19 - Yesterdays

475 33 6
                                    

Mijały tygodnie, a sytuacja nie ulegała zmianie. Tira wciąż mnie ignorowała, a ja niemiałam jak temu zaradzić. Kompletnie nie miałam pojęcia ile jeszcze tak będzie się na mnie gniewać. Chciałabym żeby było jak dawniej, jeszcze za czasów tego ponownego spotkania z Nim. Jak zwykle, spotkałam go i wszystko popsuł.

Pewnego wieczoru, gdy siedziałam w salonie i czytałam poezje Jima Morrisona Tira zeszła na dół i siadła obok mnie na sofie. Spojrzałam na nią zdziwiona.

 - Coś się stało? – spytałam zamykając książkę.

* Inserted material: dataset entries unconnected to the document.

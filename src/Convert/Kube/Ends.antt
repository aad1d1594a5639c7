-- ===== src/Convert/Kube/Ends.antt =====
-- The end of a call of the Kubernetes API (sample_app/convert_to_tablets.py, class `K8s`).
use scylla_k8s_example.Base.{String, List, [], ◌∷◌}
use scylla_k8s_example.Base.Dict.{Dict}
use scylla_k8s_example.Json.{Json}
use scylla_k8s_example.Exec.{Env, Method, Response}
use scylla_k8s_example.Exec.Halts.{Halts, Halts-pure}
use scylla_k8s_example.Convert.Api.Ends.{Halts-error_message, api_ends}
use scylla_k8s_example.Exec.{KubeRoute}
use scylla_k8s_example.Convert.Kube.{
  K8s, decoded, request, add_pod, add_pods, pod_list, pods_by_ip, delete_pod, pod_body, pod_ip,
  allowed, can_delete_pods,
}

module _ {e : Env} where
  Halts-decoded : (r : Response) → Halts e (decoded r)
  unfolding decoded
  Halts-decoded r = search (api_ends) depth 10

  Halts-request : (k : K8s) (method : Method) (route : KubeRoute) → Halts e (request k method route)
  unfolding request
  Halts-request k method route = search (api_ends, Halts-error_message, Halts-decoded) depth 10

  Halts-add_pod : (found : Dict String) (item : Json) → Halts e (add_pod found item)
  unfolding add_pod
  Halts-add_pod found item = search (api_ends) depth 14

  Halts-add_pods : (items : List Json) (found : Dict String) → Halts e (add_pods found items)
  unfolding add_pods
  Halts-add_pods [] found = Halts-pure found
  Halts-add_pods (item ∷ items) found =
      search (api_ends, Halts-add_pod, Halts-add_pods items) depth 10

  Halts-pod_list : (k : K8s) → Halts e (pod_list k)
  unfolding pod_list
  Halts-pod_list k = search (api_ends, Halts-request) depth 10

  pub Halts-pods_by_ip : (k : K8s) → Halts e (pods_by_ip k)
  unfolding pods_by_ip
  Halts-pods_by_ip k = search (api_ends, Halts-pod_list, Halts-add_pods) depth 10

  pub Halts-delete_pod : (k : K8s) (name : String) → Halts e (delete_pod k name)
  unfolding delete_pod
  Halts-delete_pod k name = search (api_ends, Halts-request) depth 10

  Halts-pod_body : (k : K8s) (name : String) → Halts e (pod_body k name)
  unfolding pod_body
  Halts-pod_body k name = search (api_ends, Halts-request) depth 10

  pub Halts-pod_ip : (k : K8s) (name : String) → Halts e (pod_ip k name)
  unfolding pod_ip
  Halts-pod_ip k name = search (api_ends, Halts-pod_body) depth 10

  Halts-allowed : (r : Response) → Halts e (allowed r)
  unfolding allowed
  Halts-allowed r = search (api_ends) depth 10

  pub Halts-can_delete_pods : (k : K8s) → Halts e (can_delete_pods k)
  unfolding can_delete_pods
  Halts-can_delete_pods k = search (api_ends, Halts-allowed) depth 10
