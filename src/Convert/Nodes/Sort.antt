-- ===== src/Convert/Nodes/Sort.antt =====
-- The fields of a node that stay, and the order of the rolling restart (`sorted(nodes.values(),
-- key=lambda n: (n.dc, n.rack, n.pod or "", n.host_id))` of sample_app/convert_to_tablets.py).
use Prim.Native.Nat.{Ordering}
use Prim.Native.String.{compare}
use scylla_k8s_example.Base.{
  String, Bool, true, false, Option, none, some, List, [], ◌∷◌, if◌then◌else◌,
}

pub record Node : Type 0 where
  pub host_id : String
  pub dc : String
  pub rack : String
  pub pod : Option String

abbrev pod_key : Option String → String
pod_key none = ""
pod_key (some p) = p

-- The comparison of two tuples: the first place where they differ decides.
abbrev pub then_by : Ordering → Bool → Bool
then_by Ordering.lt later = true
then_by Ordering.eq later = later
then_by Ordering.gt later = false

unfoldable pub node_le : Node → Node → Bool
node_le m n = then_by (compare m.dc n.dc) (
    then_by (compare m.rack n.rack) (
      then_by (compare (pod_key m.pod) (pod_key n.pod))
        (then_by (compare m.host_id n.host_id) true)))

unfoldable pub insert_node : Node → List Node → List Node
insert_node n [] = n ∷ []
insert_node n (m ∷ l) = if node_le n m then n ∷ m ∷ l else m ∷ insert_node n l

unfoldable pub sort_nodes : List Node → List Node
sort_nodes [] = []
sort_nodes (n ∷ l) = insert_node n (sort_nodes l)
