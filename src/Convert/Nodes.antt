-- ===== src/Convert/Nodes.antt =====
-- The nodes of the cluster and the address of each one's REST API
-- (sample_app/convert_to_tablets.py, `Node`, `resolve_api_host`, `discover_nodes`, `pick_control`).
-- A `Node` of the source is its constant fields here, and the two that change are in the state,
-- under its host ID: `discover_nodes` keeps one node for each ID.
pub mod Ends
mod Sort
pub mod Choice
pub mod Reads
pub use Sort.{Node, node_le, insert_node, sort_nodes}
use scylla_k8s_example.Base.{
  ℕ, String, ◌<>◌, Bool, true, false, Option, none, some, List, [], ◌∷◌, ◌++◌,
}
use scylla_k8s_example.Base.{map, if◌then◌else◌, string_eq, ◌==◌, not, ◌&&◌, contains, is_empty}
use scylla_k8s_example.Base.Text.{take_text}
use scylla_k8s_example.Base.Dict.{Dict, insert, lookup, values}
use scylla_k8s_example.Json.{Json, is_text}
use scylla_k8s_example.Exec.{Event, hostid_local, host_id_map, get}
use scylla_k8s_example.Exec.{Exec, pure, gets, ◌>>=◌, ◌>>◌, maybe, try_catch, api_failure, for_each}
use scylla_k8s_example.Exec.{set_api_host, set_addresses}
use scylla_k8s_example.Exec.Values.{index, iterate, as_key, as_text}
use scylla_k8s_example.Exec.Emits.{Emits}
use scylla_k8s_example.Convert.Api.{api, api_get, api_alive, Quiet, quiet_rules}
use scylla_k8s_example.Convert.Kube.{K8s, pods_by_ip, or_text, Emits-pods_by_ip}

-- What the driver's metadata holds of one node.
pub record Host : Type 0 where
  pub host_id : String
  pub broadcast_address : Option String
  pub address : Option String
  pub listen_address : Option String
  pub datacenter : Option String
  pub rack : Option String

first_address : List String → String
first_address [] = "?"
first_address (a ∷ as_) = a

-- `Node.label`
unfoldable pub label : Node → Exec String
unfolding first_address
label n = do
  host ← gets (λ s. s.api_host n.host_id)
  addresses ← gets (λ s. s.addresses n.host_id)
  let who = or_text n.pod (or_text host (first_address addresses))
  pure (n.dc <> "/" <> n.rack <> " " <> who <> " (" <> take_text 8 n.host_id <> ")")

-- Whether the REST API at an address reports this host ID.
unfoldable pub answers_as : String → String → Exec Bool
answers_as host_id address =
    try_catch api_failure
      (do id ← api get (some address) hostid_local none 5; pure (is_text id host_id))
      (λ _. pure false)

-- The first of the addresses that answers with the host ID.
unfoldable pub resolve : String → List String → Exec (Option String)
resolve host_id [] = pure none
resolve host_id (address ∷ rest) =
    answers_as host_id address >>= λ b. if b then pure (some address) else resolve host_id rest

unfoldable pub resolve_api_host : Node → Exec (Option String)
unfolding resolve
resolve_api_host n = gets (λ s. s.addresses n.host_id) >>= λ l. resolve n.host_id l

-- `node.api_host = resolve_api_host(node)`
unfoldable pub refresh : Node → Exec Unit
refresh n = resolve_api_host n >>= λ host. set_api_host n.host_id host

-- The distinct addresses among the three that the driver knows.
add_address : List String → Option String → List String
add_address l none = l
add_address l (some a) = if a == "" then l else if contains a l then l else l ++ (a ∷ [])

unfoldable pub candidates : Host → List String
unfolding add_address
candidates h =
    add_address (add_address (add_address [] h.broadcast_address) h.address) h.listen_address

node_of : Host → Node
node_of h = record {
  host_id = h.host_id;
  dc = or_text h.datacenter "?";
  rack = or_text h.rack "?";
  pod = none;
}

-- The loop over `all_hosts()`.
unfoldable pub make_nodes : List Host → Dict Node → Exec (Dict Node)
unfolding node_of candidates
make_nodes [] nodes = pure nodes
make_nodes (h ∷ hosts) nodes = do
  set_addresses h.host_id (candidates h)
  set_api_host h.host_id none
  make_nodes hosts (insert h.host_id (node_of h) nodes)

abbrev pub has_host : Option String → Bool
has_host host = not (or_text host "" == "")

-- The nodes with no API host, and the first with one.
unfoldable pub split_resolved : List Node → Exec (List Node × Option Node)
split_resolved [] = pure ([], none)
split_resolved (n ∷ nodes) = do
  host ← gets (λ s. s.api_host n.host_id)
  rest ← split_resolved nodes
  pure (if has_host host then (rest.0, some n) else (n ∷ rest.0, rest.1))

append_address : Node → String → Exec Unit
append_address n a = do
  l ← gets (λ s. s.addresses n.host_id)
  if contains a l then pure tt else set_addresses n.host_id (l ++ (a ∷ []))

-- One entry of the map of host IDs of a node that did answer.
learn_address : Dict Node → Json → Exec Unit
unfolding append_address
learn_address nodes entry = do
  value ← index entry "value"
  id ← as_key value
  maybe id (pure tt) λ i. maybe (lookup i nodes) (pure tt) λ n. do
    host ← gets (λ s. s.api_host n.host_id)
    if has_host host
        then pure tt
        else (do key ← index entry "key"; a ← as_text key; append_address n a)

unfoldable pub learn_addresses : Dict Node → Node → Exec Unit
unfolding learn_address
learn_addresses nodes resolved =
    try_catch api_failure
      (do
        host ← gets (λ s. s.api_host resolved.host_id)
        entries ← api_get host host_id_map
        l ← iterate entries
        for_each l (learn_address nodes))
      (λ _. pure tt)

-- The second pass, for the nodes that are still unresolved.
unfoldable pub second_pass : Dict Node → List Node × Option Node → Exec Unit
second_pass nodes (unresolved, resolved) = maybe resolved (pure tt) λ r.
    if is_empty unresolved
    then pure tt
    else (do learn_addresses nodes r; for_each unresolved refresh)

-- The pod at the first address that has one.
find_pod : Dict String → List String → Option String
find_pod pods [] = none
find_pod pods (a ∷ l) = elim (lookup a pods) [ none ↦ find_pod pods l | some p ↦ some p ]

unfoldable pub name_pods : Dict String → List Node → Exec (List Node)
unfolding find_pod
name_pods pods [] = pure []
name_pods pods (n ∷ nodes) = do
  l ← gets (λ s. s.addresses n.host_id)
  rest ← name_pods pods nodes
  pure (record n { pod = find_pod pods l } ∷ rest)

unfoldable pub discover_nodes : List Host → K8s → Exec (List Node)
discover_nodes hosts k8s = do
  pods ← pods_by_ip k8s
  nodes ← make_nodes hosts []
  for_each (values nodes) refresh
  found ← split_resolved (values nodes)
  second_pass nodes found
  named ← name_pods pods (values nodes)
  pure (sort_nodes named)

-- `exclude is not None and node.host_id == exclude.host_id`
abbrev is_excluded : Option Node → Node → Bool
is_excluded none n = false
is_excluded (some x) n = n.host_id == x.host_id

abbrev alive_at : Option String → Exec Bool
alive_at none = pure false
alive_at (some host) = if host == "" then pure false else api_alive host

-- `node.api_host and api_alive(node.api_host)`
unfoldable pub is_up : Node → Exec Bool
is_up n = gets (λ s. s.api_host n.host_id) >>= alive_at

unfoldable pub pick_control : List Node → Option Node → Exec (Option Node)
pick_control [] exclude = pure none
pick_control (n ∷ nodes) exclude =
    let rest = pick_control nodes exclude in
    if is_excluded exclude n then rest else (is_up n >>= λ b. if b then pure (some n) else rest)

 - Chcę jechać do L.A do Saula. – oznajmiła śmiało.

 - Nie wymawiaj tego imienia w mojej obecności!– powiedziałam z buntem.

 - Strach przed imieniem zwiększa strach przed tym kto je nosi. – powiedziała cicho.

Westchnęłam ciężko i odłożyłam tomik poezji na stolik.

 - Nie mamy o czym rozmawiać, idź na górę a nie rzucasz cytatami z Harrego Pottera. – tym samym zakończyłam rozmowę.

Spojrzała na mnie ze złością wypisaną w oczach. Siedziała tak przede mną jeszcze chwilę po czym wydała z siebie coś między piskiem, a krzykiem i pobiegła na górę do swojej sypialni. Usłyszałam jakieś niepokojące hałasy, ale po jakimś czasie ucichły.

Mogłam wreszcie wrócić do czytania, choć myślami byłam wciąż po drugiej stronie kraju, tam gdzie powinno być moje miejsce! Gdzie jest mężczyzna przy którym jestem kochana i sama kocham. A co mi zostało? Trwający od jakiegoś czasu konflikt z córką i samotność doskwierająca mi głównie w nocy. Wciąż mam nadzieję, że gdy obrócę się nad ranem ujrzę właśnie Jego na tej drugiej, nieużywanej połówce łóżka. Spojrzy na mnie, uśmiechnie się i pogłaska mój policzek zaróżowiony od snu. Pozwoli mi się w siebie wtulić napawając się pięknem poranka. Niestety to tylko moje marzenia, które są zbyt niesamowite by stały się jawą.

Z takimi właśnie myślami położyłam się jak co wieczór na lewej stronie mojego wielkiego, małżeńskiego łóżka. Ocierając łzy bezsilności zasnęłam mając nadzieję na jakąś zmianę, na lepsze jutro…

***

 - Nie wiem, Duff! Nigdzie jej nie ma! Sprawdzałam dosłownie wszędzie, nawet pokusiłam się aby zadzwonić do Lei. Tam też jej nie ma, sama nie wiem gdzie szukać!

Jak można się łatwo domyślić Tira uciekła z domu. Pod osłoną nocy wymknęła się z niewiadomego powodu, przynajmniej dla mnie. Możliwe, że to spowodowane jest brakiem mojej zgody na wyjazd do swojego ojca. Nie pomyślałabym, że ją stać na takie coś!

 - Spokojnie Isis, znajdzie się. Nie martw się tak, na policję też nie masz powodu iść. Myślę, że było w tym jakieś drugie dno, w tej ucieczce. Izzy dzwonił już do Stevena i Axla, bez paniki. Jestem pewien, że ją odszukamy. Jeśli wcześniej sama nie wróci. – zapewniał mnie blondyn.

Próbując się uspokoić zakończyłam rozmowę z nim. Co ze mnie za matka? Dałam Tirze pretekst do ucieczki, zamiast pozwolić jej jechać do Californii. Niestety, wygrała moja duma. Nagle przyszedł mi do głowy świetny lecz bolesny pomysł. Muszę się wybrać tam sama, nie wyobrażam sobie innego planu. Nie potrafiłabym siedzieć bezczynnie w domu czekając na telefon jednego z przyjaciół.

Szybko skoczyłam po torebkę pakując do niej najpotrzebniejsze rzeczy. Szukając po całym domu kluczyków od auta pacnęłam się otwartą dłonią w czoło. Przecież samochód został pod Jego domem. Wyskoczyłam z domu zamknęłam go i ruszyłam w stronę centrum Nowego Jorku do którego nie miałam więcej niż kwadrans drogi. W tym czasie zdążyłam zarezerwować sobie natychmiastowy lot do Los Angeles.